- _What to do_:
Reading the listing below, restate each entry exactly as written.

━━━━━ Records provided

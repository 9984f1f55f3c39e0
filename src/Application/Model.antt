-- ===== src/Application/Model.antt =====
-- src/application-model.ts and src/persistence/application-repository-model.ts: the commands, the
-- failures and the part of the state that src/application-domain.ts reads.
use agent_task_orchestrator.Base.{Text, String, ℕ, List, Option}
use agent_task_orchestrator.Domain.Errors.{DomainErrorCode}
use agent_task_orchestrator.Domain.Records.{DomainSnapshot}
use agent_task_orchestrator.Authorization.Grants.{AuthorizationGrant, AuthorizationScope}

pub data ApplicationErrorCode : Type 0 where
  invalid_input bootstrap_already_consumed bootstrap_required authorization_denied :
      ApplicationErrorCode
  project_not_found project_already_registered project_registry_rejected : ApplicationErrorCode
  task_not_found grant_not_found stale_revision domain_rejected : ApplicationErrorCode
  scope_expansion_denied capability_renewal_not_due capability_upgrade_not_eligible :
      ApplicationErrorCode

pub data ApplicationDetail : Type 0 where
  id : Text → ApplicationDetail
  domain_code : DomainErrorCode → ApplicationDetail

pub record ApplicationFailure : Type 0 where
  pub code : ApplicationErrorCode
  pub details : List (String × ApplicationDetail)

-- The identities and revisions that a command on a Task names, and those of a command on a Project.
pub record TaskTarget : Type 0 where
  pub project_id : Text
  pub expected_project_resource_revision : ℕ
  pub task_id : Text
  pub expected_task_revision : ℕ

pub record ProjectTarget : Type 0 where
  pub project_id : Text
  pub expected_resource_revision : ℕ
  pub expected_config_revision : ℕ

pub record GrantRequest : Type 0 where
  pub actor_id : Text
  pub action : Text
  pub scope : AuthorizationScope
  pub not_before : Text
  pub expires_at : Text

pub data TaskChange : Type 0 where
  body : Text → TaskChange
  parent : Option Text → TaskChange

-- `dependency` and its expected revision.
pub record DependencyTarget : Type 0 where
  pub dependency_id : Text
  pub expected_dependency_revision : ℕ

pub data ApplicationCommand : Type 0 where
  grant_issue : GrantRequest → ApplicationCommand
  grant_inspect grant_revoke : Text → ℕ → ApplicationCommand
  policy_evaluate : ProjectTarget → Text → ApplicationCommand
  project_register : Text → Text → ApplicationCommand
  project_update project_disable : ProjectTarget → ApplicationCommand
  project_inspect : Text → ℕ → ApplicationCommand
  task_create : Text → ℕ → Text → Text → Option Text → ApplicationCommand
  task_update : TaskTarget → TaskChange → ApplicationCommand
  task_mark_ready : TaskTarget → ApplicationCommand
  task_cancel : TaskTarget → Text → ApplicationCommand
  task_inspect : TaskTarget → ApplicationCommand
  dependency_add dependency_remove : TaskTarget → DependencyTarget → ApplicationCommand
  grant_list : ℕ → Option Text → ApplicationCommand
  runtime_status : ApplicationCommand
  runtime_backup runtime_restore : Text → ApplicationCommand

pub data ExecutionStatus : Type 0 where
  active superseded : ExecutionStatus

pub record ExecutionAttempt : Type 0 where
  pub execution_id : Text
  pub task_id : Text
  pub status : ExecutionStatus

pub record ApplicationState : Type 0 where
  pub domain : DomainSnapshot
  pub grants : List AuthorizationGrant
  pub identity_actor : Option Text
  pub bootstrap_actor : Option Text
  pub executions : List ExecutionAttempt

-- `Mutation | ApplicationFailure | null`
pub data Outcome (M : Type 0) : Type 0 where
  mutated : M → Outcome M
  refused : ApplicationFailure → Outcome M
  not_applicable : Outcome M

━━━━━━━━━━

- _Result_:
repository 9984f1f55f3c39e0
filename src/Application/Model.antt
-- ===== src/Application/Model.antt =====
-- src/application-model.ts and src/persistence/application-repository-model.ts: the commands, the
-- failures and the part of the state that src/application-domain.ts reads.
use agent_task_orchestrator.Base.{Text, String, ℕ, List, Option}
use agent_task_orchestrator.Domain.Errors.{DomainErrorCode}
use agent_task_orchestrator.Domain.Records.{DomainSnapshot}
use agent_task_orchestrator.Authorization.Grants.{AuthorizationGrant, AuthorizationScope}

pub data ApplicationErrorCode : Type 0 where
  invalid_input bootstrap_already_consumed bootstrap_required authorization_denied :
      ApplicationErrorCode
  project_not_found project_already_registered project_registry_rejected : ApplicationErrorCode
  task_not_found grant_not_found stale_revision domain_rejected : ApplicationErrorCode
  scope_expansion_denied capability_renewal_not_due capability_upgrade_not_eligible :
      ApplicationErrorCode

pub data ApplicationDetail : Type 0 where
  id : Text → ApplicationDetail
  domain_code : DomainErrorCode → ApplicationDetail

pub record ApplicationFailure : Type 0 where
  pub code : ApplicationErrorCode
  pub details : List (String × ApplicationDetail)

-- The identities and revisions that a command on a Task names, and those of a command on a Project.
pub record TaskTarget : Type 0 where
  pub project_id : Text
  pub expected_project_resource_revision : ℕ
  pub task_id : Text
  pub expected_task_revision : ℕ

pub record ProjectTarget : Type 0 where
  pub project_id : Text
  pub expected_resource_revision : ℕ
  pub expected_config_revision : ℕ

pub record GrantRequest : Type 0 where
  pub actor_id : Text
  pub action : Text
  pub scope : AuthorizationScope
  pub not_before : Text
  pub expires_at : Text

pub data TaskChange : Type 0 where
  body : Text → TaskChange
  parent : Option Text → TaskChange

-- `dependency` and its expected revision.
pub record DependencyTarget : Type 0 where
  pub dependency_id : Text
  pub expected_dependency_revision : ℕ

pub data ApplicationCommand : Type 0 where
  grant_issue : GrantRequest → ApplicationCommand
  grant_inspect grant_revoke : Text → ℕ → ApplicationCommand
  policy_evaluate : ProjectTarget → Text → ApplicationCommand
  project_register : Text → Text → ApplicationCommand
  project_update project_disable : ProjectTarget → ApplicationCommand
  project_inspect : Text → ℕ → ApplicationCommand
  task_create : Text → ℕ → Text → Text → Option Text → ApplicationCommand
  task_update : TaskTarget → TaskChange → ApplicationCommand
  task_mark_ready : TaskTarget → ApplicationCommand
  task_cancel : TaskTarget → Text → ApplicationCommand
  task_inspect : TaskTarget → ApplicationCommand
  dependency_add dependency_remove : TaskTarget → DependencyTarget → ApplicationCommand
  grant_list : ℕ → Option Text → ApplicationCommand
  runtime_status : ApplicationCommand
  runtime_backup runtime_restore : Text → ApplicationCommand

pub data ExecutionStatus : Type 0 where
  active superseded : ExecutionStatus

pub record ExecutionAttempt : Type 0 where
  pub execution_id : Text
  pub task_id : Text
  pub status : ExecutionStatus

pub record ApplicationState : Type 0 where
  pub domain : DomainSnapshot
  pub grants : List AuthorizationGrant
  pub identity_actor : Option Text
  pub bootstrap_actor : Option Text
  pub executions : List ExecutionAttempt

-- `Mutation | ApplicationFailure | null`
pub data Outcome (M : Type 0) : Type 0 where
  mutated : M → Outcome M
  refused : ApplicationFailure → Outcome M
  not_applicable : Outcome M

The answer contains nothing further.